The death is the first at the Arcadia track since March 31 when Arms Runner, a 5-year-old, suffered a severe and ultimately fatal injury to his right leg during the Grade 3 San Simeon Stakes on turf, resulting in a two-horse spill.

Racing was suspended at the track for much of March while authorities studied the racing surface for possible causes of the horse deaths. Races resumed after the state horse racing board approved a series of safety measures, including limits on certain types of medications administered to horses.

Los Angeles County District Attorney Jackie Lacey last month announced the creation of a task force to investigate the deaths of the horses at the track.

In an April 2 letter to the California Horse Racing Board, Sen. Dianne Feinstein, D-Calif., called for racing to be suspended at the track “until the cause or causes of these deaths can be fully investigated.”

“The Stronach Group (the track owners) is fully committed to modernizing our sport in a way that prioritizes the welfare and safety of horses above all,” Santa Anita said in a statement released April 16 in response to Lacey's announcement of the formation of the task force.

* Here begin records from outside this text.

-- ===== src/Definitions/Guard.antt =====
-- `DefinitionStore::get` in crates/oxidarr-prowl/src/definitions.rs: which files it reads.
use oxidarr.Common.{
  ◌≡◌, refl, true, false, ◌||◌, Option, none, some, [], ◌∷◌, ◌++◌, Text, codes, text_eq, arith,
  Bool-cases, inl, inr, any, ◌==◌, ◌⊎◌,
}
use oxidarr.Common.Outcome.{Outcome, ok, err}
use oxidarr.Common.Act.{next}
use oxidarr.Model.{Definition}
use oxidarr.Definitions.{
  DefinitionError, Files, Store, is_plain_stem, contains_pair, slash, backslash, is_empty,
  validate_id, cached, or_insert, cache_insert, path_of, load_definition, load_and_insert,
  held_or_load, get, refresh,
}

-- A file name within the directory: not empty, not ".", no separator, and no "..".
pub record IsPlainStem (id : Text) : Type 0 where
  pub filled : is_empty id ≡ false
  pub no_dot : text_eq id (codes ".") ≡ false
  pub no_separator : any (λ c. c == slash || c == backslash) id ≡ false
  pub no_parent : contains_pair 46 46 id ≡ false

plain : (id : Text) → is_plain_stem id ≡ true → IsPlainStem id
unfolding is_plain_stem
plain id h = record {
  filled = ground (arith, h);
  no_dot = ground (arith, h);
  no_separator = ground (arith, h);
  no_parent = ground (arith, h);
}

-- The store after a `get`: nothing was read, or the file of a plain stem was. The directory is the
-- same.
abbrev pub ReadsOnly : Text → Store → Store → Type 0
ReadsOnly id s t =
    (t.dir ≡ s.dir)
    × ((t.reads ≡ s.reads) ⊎ ((t.reads ≡ s.reads ++ path_of s.dir id ∷ []) × IsPlainStem id))

or_insert-reads :
    (id : Text) (def : Definition) (held : Option Definition) (s : Store)
    → ((or_insert id def held s).1.reads ≡ s.reads) × ((or_insert id def held s).1.dir ≡ s.dir)
unfolding or_insert
or_insert-reads id def none s = (refl, refl)
or_insert-reads id def (some d) s = (refl, refl)

module _ (files : Files) where
  inserted :
      (id : Text) (r : Outcome DefinitionError Definition) (s : Store)
      → ((next (r, s) (cache_insert id)).1.reads ≡ s.reads)
        × ((next (r, s) (cache_insert id)).1.dir ≡ s.dir)
  unfolding cache_insert
  inserted id (ok def) s = or_insert-reads id def (cached id s.cache) s
  inserted id (err e) s = (refl, refl)

  load-reads :
      (id : Text) (s : Store)
      → ((load_and_insert files id s).1.reads ≡ s.reads ++ path_of s.dir id ∷ [])
        × ((load_and_insert files id s).1.dir ≡ s.dir)
  unfolding load_and_insert load_definition
  load-reads id s = inserted id _ (record s { reads = s.reads ++ path_of s.dir id ∷ [] })

  valid_reads :
      (id : Text) (held : Option Definition) (s : Store)
      → is_plain_stem id ≡ true
      → ReadsOnly id s (held_or_load files id held s).1
  unfolding held_or_load
  valid_reads id (some def) s h = (refl, inl refl)
  valid_reads id none s h = let (reads, dir) = load-reads id s in (dir, inr (reads, plain id h))

  -- Whatever its outcome, `get` reads no file, or the one file of its id in the directory; then the
  -- id is neither empty nor ".", and it holds no separator and no "..".
  pub get-reads : (id : Text) (s : Store) → ReadsOnly id s (get files id s).1
  unfolding get validate_id
  get-reads id s = elim (Bool-cases (is_plain_stem id)) [
    | inl e ↦ rw e (valid_reads id (cached id s.cache) s e)
    | inr e ↦ rw e (refl, inl refl)
  ]

  -- After `refresh`, `get` of a valid id reads its file again.
  pub get-refresh :
      (id : Text) (s : Store)
      → validate_id id ≡ ok tt
      → (get files id (refresh s).1).1.reads ≡ s.reads ++ path_of s.dir id ∷ []
  unfolding get refresh held_or_load cached
  get-refresh id s valid = rw valid ((load-reads id (record s { cache = [] })).0)

  failed_insert :
      (id : Text) (r : Outcome DefinitionError Definition) (s t : Store) (e : DefinitionError)
      → next (r, s) (cache_insert id) ≡ (err e, t)
      → t.cache ≡ s.cache
  unfolding cache_insert or_insert
  failed_insert id (err x) s t e h = ground (arith, h)
  failed_insert id (ok def) s t e h = never (cached id s.cache) h
    where
      never : (held : Option Definition) → or_insert id def held s ≡ (err e, t) → t.cache ≡ s.cache
      never none h = cc
      never (some d) h = cc

  held_or_load-failed :
      (id : Text) (held : Option Definition) (s t : Store) (e : DefinitionError)
      → held_or_load files id held s ≡ (err e, t)
      → t.cache ≡ s.cache
  unfolding held_or_load load_and_insert load_definition
  held_or_load-failed id (some def) s t e h = cc
  held_or_load-failed id none s t e h = failed_insert id _ _ t e h

  -- A `get` that fails leaves the cache as it was, so the next one tries again.
  pub get-failed :
      (id : Text) (s t : Store) (e : DefinitionError)
      → get files id s ≡ (err e, t)
      → t.cache ≡ s.cache
  unfolding get validate_id
  get-failed id s t e h = elim (Bool-cases (is_plain_stem id)) [
    | inl plain ↦ held_or_load-failed id (cached id s.cache) s t e (ground (arith, h, plain))
    | inr bad ↦ ground (arith, h, bad)
  ]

“We will work with anyone -- including the District Attorney's Office -- that shares our commitment to this cause.”

In early April, Santa Anita officials announced a series of new measures to help bolster the safety of horses at the track including restrictions on certain medications, requiring trainers to get permission in advance before putting a horse through a workout and investing in diagnostic equipment to aid in the early detection of pre-existing conditions.